While it is not the only factor to consider, the annual dividend can solidify whether a stock will benefit you financially. And among the many industry sectors to invest in, healthcare can be one of the most stable, especially regarding the dividend yield. Indeed, big dogs like Johnson & Johnson NYSE: JNJ, AbbVie, Inc. NYSE: ABBV, and Abbott Laboratories NYSE: ABT have been increasing their dividends for more than 50 years; and ABBV is considered one of the best dividend stocks out there.
The Marketbeat dividend calculator could help you determine if a stock is right for you. In addition, here are some strategies for picking the best dividend stocks [regardless of the industry]. Meanwhile, several lesser-known health sector stocks have paid increasing dividends for at least the last 30 years, dividend aristocrats and one qualifying as a dividend king.
Becton Dickinson & Company: 51 years
Of all the companies on this list, Becton Dickinson & Co. NYSE: BDX may seem the most obscure, but they are obviously among the most prolific. BDX is paying a $3.64 annual dividend at a 3-year annualized growth rate of 4.33%. The dividend payout ratio is 68.68%, with a 1.58% dividend yield.
More importantly, while stock value is down around 10% on both the quarter, and the year, the medical device manufacturer projects earnings will grow 10.91% by this time next year. Of course, its current share price ($229.71) is higher than that of the big three mentioned above, but its Moderate Buy rating certainly makes it worth a look.
Medtronic PLC: 46 years
The world-class medical technology company Medtronic PLC NYSE: MDT has an annual dividend of $2.72 at a 3.55% yield. And while its 7.99% annualized 3-year growth rate is impressive, the 89.74% dividend payout ratio could turn some heads.
MDT's current share price is near the 52-week low, but its $90.72 price target does represent an 18.3% upside. That might make it an even more attractive price than the big dogs mentioned above. A 25.24 P/E is certainly strong, but earnings projections are mostly flat, so caution is advised if growth is your objective. Accordingly, MDT remains down 3.75% on the quarter and more than 26% since last year, which justifies its Hold rating.
Cardinal Health, Inc.: 37 years
Cardinal Health, Inc. NYSE: CAH has a sturdy record of acquisitions, the most recent of which was the $2.2 billion all-stock Bindley Western Industries. The company's steady growth has helped CAH pay a $1.98 annual dividend at a 2.82% yield. And while the 1.00% annualized 3-year growth rate is not as exciting, a 36.33% payout ratio makes up for it.
Analysts have given CAH a Hold rating, even though the current $71.19 share value is in the top 33% of the 52-week range. Earnings are projected to grow about 15%, and the $80.64 price target represents a 14% upside, but the stock has had a rocky year. The share price may be up more than 35% since last year but remains down about 10% in the last quarter.

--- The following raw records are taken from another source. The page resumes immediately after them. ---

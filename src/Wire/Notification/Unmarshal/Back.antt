-- ===== src/Wire/Notification/Unmarshal/Back.antt =====
-- NotificationReadObject on the bytes that NotificationWriteObject writes.
use haze.Base.{
  ℕ, zero, suc, ◌≡◌, ap, sym, subst, ◌∙◌, ◌++◌, ◌≤◌, pos, Option, some, List, [], ◌∷◌, Bool, true,
  false, length, append_assoc, arith, take, take-append,
}
use haze.Memory.{alloc, alloc-IsAmple}
use haze.Object
use haze.Object.{
  Value, Object, ObjectArray, Slots, und, nil, bool, int, uint, float, double, str, bin, array,
  object, end, slot, hole,
}
use haze.Object.Copy.{count, snoc, create_array, free_object}
use haze.Object.Copy.Ample.{plan-free_object}
use haze.Object.Copy.Content.{
  canonical, canonical_slots, canonical_bytes, IsFull, join, join-snoc, join-end,
}
use haze.Object.Array
use haze.Wire.Mpack.{Tag, Reader, Reads}
use haze.Wire.Request.Unmarshal.Steps.{append-back}
use haze.Wire.Request.Unmarshal.Back.{
  create_nil-Makes, create_bool-Makes, create_float-Makes, create_double-Makes,
}
use haze.Wire.Notification.Encoding.{object_sent, slots_sent, value_sent, data_sent}
use haze.Wire.Notification.Expect.{Expect, max_params}
use haze.Wire.Cursor.{Cursor, S, ◌>>=◌, mem}
use haze.Wire.Notification.Unmarshal.{
  read_object, read_tagged, read_array, read_elements, failed, array_body, array_object, appended,
  drop_array,
}
use haze.Wire.Notification.Unmarshal.Laws.{
  Expects, IsKept, IsKeptValue, IsKeptSlots, restored, restored_value, restored_slots,
  restored-IsFull, IsFull-of, weight, weight_value, weight_slots,
}
use haze.Wire.Cursor.Steps.{Gives, Gives-then, Gives-mono, At, Came, made-Gives}
use haze.Wire.Notification.Unmarshal.Values.{
  peek-Gives, value-Gives, int-Gives, str-Gives, bin-Gives,
}

module _ {R : Type 0} (rd : Reader R) (ex : Expect R) (enc : Tag → List ℕ) (law : Reads rd enc)
    (expects : Expects law ex) where
  -- `item` reads each of these objects, wherever it stands.
  abbrev pub Items : S R (Option Object) → Slots → Type 0
  Items item end = Unit
  Items item (hole rest) = ⊥
  Items item (slot o rest) =
      ((behind : List ℕ) (c : Cursor R)
        → At rd enc law c (object_sent enc o ++ behind)
        → Gives (item c) (Came rd enc law (restored o) behind))
      × Items item rest

  appended_go :
      (v : Object) (go : ObjectArray → S R (Option ObjectArray)) (r : Bool × ObjectArray)
      (c : Cursor R) (Q : ObjectArray → Cursor R → Type 0)
      → r.0 ≡ true
      → Gives (go r.1 (record c { heap = (free_object v c.heap).1 })) Q
      → Gives (appended rd ex v go r c) Q
  unfolding appended
  appended_go v go (true, a) c Q e g = g
  appended_go v go (false, a) c Q e g = absurd (ground arith)

  -- An element that came is appended, and given back.
  appended-Gives :
      (o v : Object) (a : ObjectArray) (todo : Slots) (go : ObjectArray → S R (Option ObjectArray))
      (bytes rest : List ℕ) (c : Cursor R)
      → IsKept o
      → Came rd enc law (restored o) bytes v c
      → ((b : ObjectArray) (c' : Cursor R)
          → At rd enc law c' bytes
          → Gives (go b c') (λ d c'.
            (canonical_slots d.slots ≡ join (canonical_slots b.slots) (canonical_slots todo))
            × At rd enc law c' rest))
      → Gives ((mem (Array.append a (some v)) >>= appended rd ex v go) c) (λ d c'.
        (canonical_slots d.slots
          ≡ join (canonical_slots a.slots) (slot (canonical (restored o)) (canonical_slots todo)))
        × At rd enc law c' rest)
  unfolding appended
  appended-Gives o v a todo go bytes rest c k (same, (i, ample)) next =
      let full = IsFull-of v (subst IsFull (sym same) (restored-IsFull o k)) in
      let (done, ample', added) = append-back a v c.heap ample full in
      let b = (Array.append a (some v) c.heap).0.1 in
      let c' : Cursor R = record c {
        heap = (free_object v (Array.append a (some v) c.heap).1).1;
      } in
      let e : (canonical_slots b.slots) ≡ snoc (canonical_slots a.slots) (canonical (restored o)) =
        added ∙ ap (snoc (canonical_slots a.slots)) same in
      appended_go v go (Array.append a (some v) c.heap).0
        (record c { heap = (Array.append a (some v) c.heap).1 }) _ done
        (Gives-mono (go b c') _ _
          (λ d d' (same', at). (
            same'
                ∙ ap (λ t. join t (canonical_slots todo)) e
                ∙ join-snoc (canonical_slots a.slots) (canonical (restored o))
                    (canonical_slots todo),
            at,
          ))
          (next b c' (i, plan-free_object v (Array.append a (some v) c.heap).1 ∙ ample')))

  elements-Gives :
      (item : S R (Option Object)) (todo : Slots) (a : ObjectArray) (rest : List ℕ) (c : Cursor R)
      → IsKeptSlots todo
      → Items item todo
      → At rd enc law c (slots_sent enc todo ++ rest)
      → Gives (read_elements rd ex item (count todo) a c) (λ d c'.
        (canonical_slots d.slots
          ≡ join (canonical_slots a.slots) (canonical_slots (restored_slots todo)))
        × At rd enc law c' rest)
  unfolding read_elements restored_value canonical failed
  elements-Gives item end a rest c k l at = (sym (join-end (canonical_slots a.slots)), at)
  elements-Gives item (hole todo) a rest c k l at = absurd k
  elements-Gives item (slot o todo) a rest c (k, ks) (l, ls) (i, ample) =
      let behind = slots_sent enc todo ++ rest in
      let i' = i ∙ ap some (append_assoc (object_sent enc o) (slots_sent enc todo) rest) in
      rw (law.failed_not c.reader _ i) (
        Gives-then (item c) (drop_array rd ex a) _ (Came rd enc law (restored o) behind) _
          (l behind c (i', ample))
          λ v c' came.
            appended-Gives o v a (restored_slots todo) (read_elements rd ex item (count todo))
              behind rest c' k came λ b c'' at. elements-Gives item todo b rest c'' ks ls at)

  array_body-Gives :
      (item : S R (Option Object)) (slots : Slots) (rest : List ℕ) (c : Cursor R)
      → IsKeptSlots slots
      → Items item slots
      → At rd enc law c (slots_sent enc slots ++ rest)
      → Gives
          (array_body rd ex item (count slots) (some (record { slots = end; capacity = 8 })) c)
          (Came rd enc law (object (array (restored_slots slots) 0) (count slots)) rest)
  unfolding array_body array_object failed canonical
  array_body-Gives item slots rest c k l at =
      Gives-then (read_elements rd ex item (count slots) (record { slots = end; capacity = 8 }) c) _
        _ _ _ (elements-Gives item slots (record { slots = end; capacity = 8 }) rest c k l at)
        λ b c' (same, (i, ample)).
          let behind = law.input_done_array c'.reader ∙ i in
          let (given, ample') = alloc-IsAmple c'.heap ample in
          rw (law.failed_not (rd.done_array c'.reader) rest behind, given)
            (ap (λ t. object (array t 0) (count slots)) same, (behind, ample'))

  read_array-Gives :
      (item : S R (Option Object)) (slots : Slots) (rest : List ℕ) (c : Cursor R)
      → count slots ≤ max_params
      → IsKeptSlots slots
      → Items item slots
      → At rd enc law c (enc (Tag.array (count slots)) ++ (slots_sent enc slots ++ rest))
      → Gives
          (read_array rd ex item c)
          (Came rd enc law (object (array (restored_slots slots) 0) (count slots)) rest)
  unfolding read_array failed create_array
  read_array-Gives item slots rest c few k l (i, a) =
      let (len, left) =
        expects.array_there c.reader max_params (count slots) (slots_sent enc slots ++ rest) few
          i in
      let r = (ex.expect_array_max max_params c.reader).1 in
      let (given, ample) = alloc-IsAmple c.heap a in
      let (given', ample') = alloc-IsAmple (alloc c.heap).1 ample in
      rw (len, law.failed_not r _ left, given, given')
        (array_body-Gives item slots rest (record { reader = r; heap = (alloc (alloc c.heap).1).1 })
          k l (left, ample'))

  mutual
    unfolding read_tagged restored_value read_object

    value_back :
        (v : Value) (size fuel : ℕ) (rest : List ℕ) (c : Cursor R)
        → weight_value v ≤ fuel
        → IsKeptValue v size
        → At rd enc law c (value_sent enc v size ++ rest)
        → Gives (read_object rd ex (suc fuel) c) (Came rd enc law (restored_value v) rest)
    value_back nil size fuel rest c w k at =
        peek-Gives rd ex enc law expects fuel (object nil 0) Tag.nil rest rest c
          (λ c' here.
            made-Gives rd enc law Object.create_nil (object nil 0) rest
              (record c' { reader = ex.expect_nil c'.reader }) (create_nil-Makes rd enc law)
              (expects.nil_there c'.reader rest here.0, here.1))
          at
    value_back (bool b) size fuel rest c w k at =
        peek-Gives rd ex enc law expects fuel (object (bool b) 1) (Tag.bool b) rest rest c
          (λ c'.
            value-Gives rd ex enc law expects ex.expect_bool Object.create_bool b
              (object (bool b) 1) _ rest c' (expects.bool_there c'.reader b rest)
              (create_bool-Makes rd enc law b))
          at
    value_back (int z) size fuel rest c w k at = int-Gives rd ex enc law expects fuel z rest c at
    value_back (uint n) size fuel rest c w k at =
        int-Gives rd ex enc law expects fuel (pos n) rest c at
    value_back (float x) size fuel rest c w k at =
        peek-Gives rd ex enc law expects fuel (object (float x) 4) (Tag.float x) rest rest c
          (λ c'.
            value-Gives rd ex enc law expects ex.expect_float Object.create_float x
              (object (float x) 4) _ rest c' (expects.float_there c'.reader x rest)
              (create_float-Makes rd enc law x))
          at
    value_back (double x) size fuel rest c w k at =
        peek-Gives rd ex enc law expects fuel (object (double x) 8) (Tag.double x) rest rest c
          (λ c'.
            value-Gives rd ex enc law expects ex.expect_double Object.create_double x
              (object (double x) 8) _ rest c' (expects.double_there c'.reader x rest)
              (create_double-Makes rd enc law x))
          at
    value_back (str (some s)) size fuel rest c w (e, k) (i, a) =
        peek-Gives rd ex enc law expects fuel (object (str (some s)) (length s))
          (Tag.str (length s)) (s ++ rest) rest c
          (λ c' here. str-Gives rd ex enc law expects s rest c' k here)
          (
            i
                ∙ ap (λ t. some ((enc (Tag.str (length t)) ++ t) ++ rest))
                    (ap (λ n. take n (s ++ 0 ∷ [])) e ∙ take-append s (0 ∷ []))
                ∙ ap some (append_assoc (enc (Tag.str (length s))) s rest),
            a,
          )
    value_back (bin (some b)) size fuel rest c w k (i, a) =
        let t = data_sent b.bytes b.len in
        peek-Gives rd ex enc law expects fuel
          (object (bin (some (canonical_bytes b.bytes b.len))) b.len) (Tag.bin (length t))
          (t ++ rest) rest c
          (λ c' here. bin-Gives rd ex enc law expects b.bytes b.len rest c' k here)
          (i ∙ ap some (append_assoc (enc (Tag.bin (length t))) t rest), a)
    value_back (array slots capacity) size fuel rest c w (few, k) (i, a) =
        peek-Gives rd ex enc law expects fuel
          (object (array (restored_slots slots) 0) (count slots)) (Tag.array (count slots))
          (slots_sent enc slots ++ rest) rest c
          (λ c' here.
            read_array-Gives (read_object rd ex fuel) slots rest c' few k
              (slots_back slots fuel w k) here)
          (
            i ∙ ap some (append_assoc (enc (Tag.array (count slots))) (slots_sent enc slots) rest),
            a,
          )
    value_back _ size fuel rest c w k at = absurd k

    pub object_back :
        (o : Object) (fuel : ℕ) (rest : List ℕ) (c : Cursor R)
        → weight o ≤ fuel
        → IsKept o
        → At rd enc law c (object_sent enc o ++ rest)
        → Gives (read_object rd ex fuel c) (Came rd enc law (restored o) rest)
    object_back (object v size) zero rest c w k at = absurd (omega (arith, w))
    object_back (object v size) (suc fuel) rest c w k at =
        value_back v size fuel rest c (omega (arith, w)) k at

    pub slots_back :
        (s : Slots) (fuel : ℕ)
        → weight_slots s ≤ fuel
        → IsKeptSlots s
        → Items (read_object rd ex fuel) s
    slots_back end fuel w k = tt
    slots_back (hole rest) fuel w k = k
    slots_back (slot o rest) fuel w (k, ks) = (
      λ behind c at. object_back o fuel behind c (omega (arith, w)) k at,
      slots_back rest fuel (omega (arith, w)) ks,
    )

Roper Technologies, Inc: 31 years
Medical and scientific imaging company Roper Technologies, Inc. NYSE: ROP is paying out an annual dividend of $2.73 at an impressive 3-year annualized growth of 10.20%. Sure, the 0.65% dividend yield may not be much to write home about, but the 6.41% dividend payout ratio still offers a consistent return.
ROP is down about 3% on all measures, so it may not be as impressive as other stocks on this list. Still, analysts give ROP a Moderate Buy rating. And while the $495.67 price target may represent an 18% upside, it is a pricey investment, especially with a less-impressive 9.09 P/E. With earnings projected to grow only about 5%, ROP might not be as lucrative as other stocks on this list, at least in the short term.
West Pharmaceutical Services, Inc.: 30 Years
Specializing in the manufacturing, packaging, and delivery of injectable drugs, West Pharmaceutical Services, Inc. NYSE: WST saw a production boost during the Covid-19 pandemic. This may have maintained its annualized 3-year dividend growth rate of 14.06% and a 9.84% dividend payout ratio. However, its annual dividend is only $0.67 at a slight yield of 0.24%, so WST may not be as exciting as those mentioned above.
At $314.55, WST’s share price is at the dead center of the 52-week range but might be a little high for some. WST remains about 33% up on both the quarter and the year, so the stock is improving. Earnings are down, unfortunately, but they are also expected to improve–by more than 14%–next year. That said, the $291.25 price target represents a 7.4% downside. So while the dividend is strong, it makes sense that analysts have given the stock a HOLD rating.